Managing Data Streaming

The option to stream data in EDQ allows you to bypass the task of staging data in the EDQ repository database when reading or writing data.

A fully streamed process or job will act as a pipe, reading records directly from a data store and writing records to a data target, without writing any records to the EDQ repository.

Streaming a Snapshot

When running a process, it may be appropriate to bypass running your snapshot altogether and stream data through the snapshot into the process directly from a data store. For example, when designing a process, you may use a snapshot of the data, but when the process is deployed in production, you may want to avoid the step of copying data into the repository, as you always want to use the latest set of records in your source system, and because you know you will not require users to drill down to results.
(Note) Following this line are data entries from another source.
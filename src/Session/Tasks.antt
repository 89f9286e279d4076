-- ===== src/Session/Tasks.antt =====
-- The methods of `RoomSession`, split where they await.
pub mod Channel
pub mod Teardown
pub mod Run
pub mod Reaper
To stream data into a process (and therefore bypass the process of staging the data in the EDQ repository), create a job and add both the snapshot and the process as tasks. Then click on the staged data table that sits between the snapshot task and the process and disable it. The process will now stream the data directly from the source system. Note that any selection parameters configured as part of the snapshot will still apply.

Streaming a screenshot

Note that any record selection criteria (snapshot filtering or sampling options) will still apply when streaming data. Note also that the streaming option will not be available if the Data Store of the Snapshot is Client-side, as the server cannot access it.

Streaming a snapshot is not always the 'quickest' or best option, however. If you need to run several processes on the same set of data, it may be more efficient to snapshot the data as the first task of a job, and then run the dependent processes. If the source system for the snapshot is live, it is usually best to run the snapshot as a separate task (in its own phase) so that the impact on the source system is minimized.

Streaming an Export

It is also possible to stream data when writing data to a data store. The performance gain here is less, as when an export of a set of staged data is configured to run in the same job after the process that writes the staged data table, the export will always write records as they are processed (whether or not records are also written to the staged data table in the repository).

However, if you know you do not need to write the data to the repository (you only need to write the data externally), you can bypass this step, and save a little on performance. This may be the case for deployed data cleansing processes, or if you are writing to an external staging database that is shared between applications, for example when running a data quality job as part of a larger ETL process, using an external staging database to pass the data between EDQ and the ETL tool.

To stream an export, create a job and add the process that writes the data as a task, and the export that writes the data externally as another task. Then disable the staged data that sits between the process and the export task. This will mean that the process will write its output data directly to the external target.

Note:

It is also possible to stream data to an export target by configuring a Writer in a process to write to a Data Interface, and configuring an Export Task that maps from the Data Interface to an Export target.

Streaming an export

Note that Exports to Client-side data stores are not available as tasks to run as part of a job. They must be run manually from the EDQ Director Client as they use the client to connect to the data store.